(Collected data)
_____
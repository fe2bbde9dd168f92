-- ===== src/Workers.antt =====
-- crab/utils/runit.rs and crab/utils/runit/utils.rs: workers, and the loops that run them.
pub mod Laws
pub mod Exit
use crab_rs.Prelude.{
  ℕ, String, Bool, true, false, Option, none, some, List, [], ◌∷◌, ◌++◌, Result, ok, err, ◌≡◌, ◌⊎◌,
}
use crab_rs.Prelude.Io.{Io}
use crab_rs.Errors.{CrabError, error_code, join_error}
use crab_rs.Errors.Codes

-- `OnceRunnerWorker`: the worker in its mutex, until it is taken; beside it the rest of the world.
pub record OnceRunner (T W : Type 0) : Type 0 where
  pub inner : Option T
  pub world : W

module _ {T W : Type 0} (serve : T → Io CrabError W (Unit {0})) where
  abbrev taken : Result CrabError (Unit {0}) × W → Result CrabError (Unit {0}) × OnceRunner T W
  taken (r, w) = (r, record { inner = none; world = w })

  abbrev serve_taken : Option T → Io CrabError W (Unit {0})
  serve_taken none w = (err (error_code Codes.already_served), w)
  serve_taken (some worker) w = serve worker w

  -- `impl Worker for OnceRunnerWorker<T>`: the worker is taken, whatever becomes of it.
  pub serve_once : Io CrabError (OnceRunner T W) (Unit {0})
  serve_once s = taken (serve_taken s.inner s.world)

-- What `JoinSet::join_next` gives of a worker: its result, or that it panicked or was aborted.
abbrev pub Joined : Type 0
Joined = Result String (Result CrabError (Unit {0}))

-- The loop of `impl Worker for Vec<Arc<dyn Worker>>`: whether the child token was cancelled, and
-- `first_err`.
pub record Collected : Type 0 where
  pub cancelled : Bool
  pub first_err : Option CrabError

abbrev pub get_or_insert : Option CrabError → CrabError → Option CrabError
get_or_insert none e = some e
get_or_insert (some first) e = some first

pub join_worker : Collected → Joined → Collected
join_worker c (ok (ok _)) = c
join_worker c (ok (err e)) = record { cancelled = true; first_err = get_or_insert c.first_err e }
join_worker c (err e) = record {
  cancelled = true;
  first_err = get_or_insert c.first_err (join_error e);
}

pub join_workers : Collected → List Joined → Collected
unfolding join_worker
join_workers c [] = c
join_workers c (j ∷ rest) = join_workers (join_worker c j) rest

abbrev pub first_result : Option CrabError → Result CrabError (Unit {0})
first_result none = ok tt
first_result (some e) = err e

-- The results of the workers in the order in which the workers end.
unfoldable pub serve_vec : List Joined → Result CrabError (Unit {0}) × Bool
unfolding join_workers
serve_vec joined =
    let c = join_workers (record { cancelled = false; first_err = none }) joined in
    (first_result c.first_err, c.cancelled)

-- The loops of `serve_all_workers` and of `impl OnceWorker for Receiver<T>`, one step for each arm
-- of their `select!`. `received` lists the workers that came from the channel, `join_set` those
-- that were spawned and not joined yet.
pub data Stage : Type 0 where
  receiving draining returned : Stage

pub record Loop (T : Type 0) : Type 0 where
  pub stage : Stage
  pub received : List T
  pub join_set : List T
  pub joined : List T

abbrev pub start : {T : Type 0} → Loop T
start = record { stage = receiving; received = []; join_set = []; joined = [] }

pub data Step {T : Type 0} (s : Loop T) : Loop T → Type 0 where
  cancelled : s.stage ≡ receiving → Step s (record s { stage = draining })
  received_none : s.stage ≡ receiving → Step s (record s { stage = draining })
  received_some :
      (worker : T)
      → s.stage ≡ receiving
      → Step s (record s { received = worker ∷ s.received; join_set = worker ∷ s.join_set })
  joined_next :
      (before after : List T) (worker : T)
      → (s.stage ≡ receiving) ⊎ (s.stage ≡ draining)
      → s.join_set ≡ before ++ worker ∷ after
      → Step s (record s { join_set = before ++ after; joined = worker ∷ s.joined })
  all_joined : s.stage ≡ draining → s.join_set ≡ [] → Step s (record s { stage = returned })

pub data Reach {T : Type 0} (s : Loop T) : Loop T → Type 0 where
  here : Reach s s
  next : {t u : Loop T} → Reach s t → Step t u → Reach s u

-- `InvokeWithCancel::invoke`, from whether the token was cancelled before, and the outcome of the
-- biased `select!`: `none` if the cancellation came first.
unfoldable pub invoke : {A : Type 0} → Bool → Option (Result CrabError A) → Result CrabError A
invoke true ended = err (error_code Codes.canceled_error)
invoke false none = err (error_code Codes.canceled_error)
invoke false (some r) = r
_____
- _Work instruction_
Which lines above run from the one containing "-- ===== src/Workers.antt" to the one containing "becomes of it."? Give them again exactly, both ends included.

- _Problem solution_
-- ===== src/Workers.antt =====
-- crab/utils/runit.rs and crab/utils/runit/utils.rs: workers, and the loops that run them.
pub mod Laws
pub mod Exit
use crab_rs.Prelude.{
  ℕ, String, Bool, true, false, Option, none, some, List, [], ◌∷◌, ◌++◌, Result, ok, err, ◌≡◌, ◌⊎◌,
}
use crab_rs.Prelude.Io.{Io}
use crab_rs.Errors.{CrabError, error_code, join_error}
use crab_rs.Errors.Codes

-- `OnceRunnerWorker`: the worker in its mutex, until it is taken; beside it the rest of the world.
pub record OnceRunner (T W : Type 0) : Type 0 where
  pub inner : Option T
  pub world : W

module _ {T W : Type 0} (serve : T → Io CrabError W (Unit {0})) where
  abbrev taken : Result CrabError (Unit {0}) × W → Result CrabError (Unit {0}) × OnceRunner T W
  taken (r, w) = (r, record { inner = none; world = w })

  abbrev serve_taken : Option T → Io CrabError W (Unit {0})
  serve_taken none w = (err (error_code Codes.already_served), w)
  serve_taken (some worker) w = serve worker w

  -- `impl Worker for OnceRunnerWorker<T>`: the worker is taken, whatever becomes of it.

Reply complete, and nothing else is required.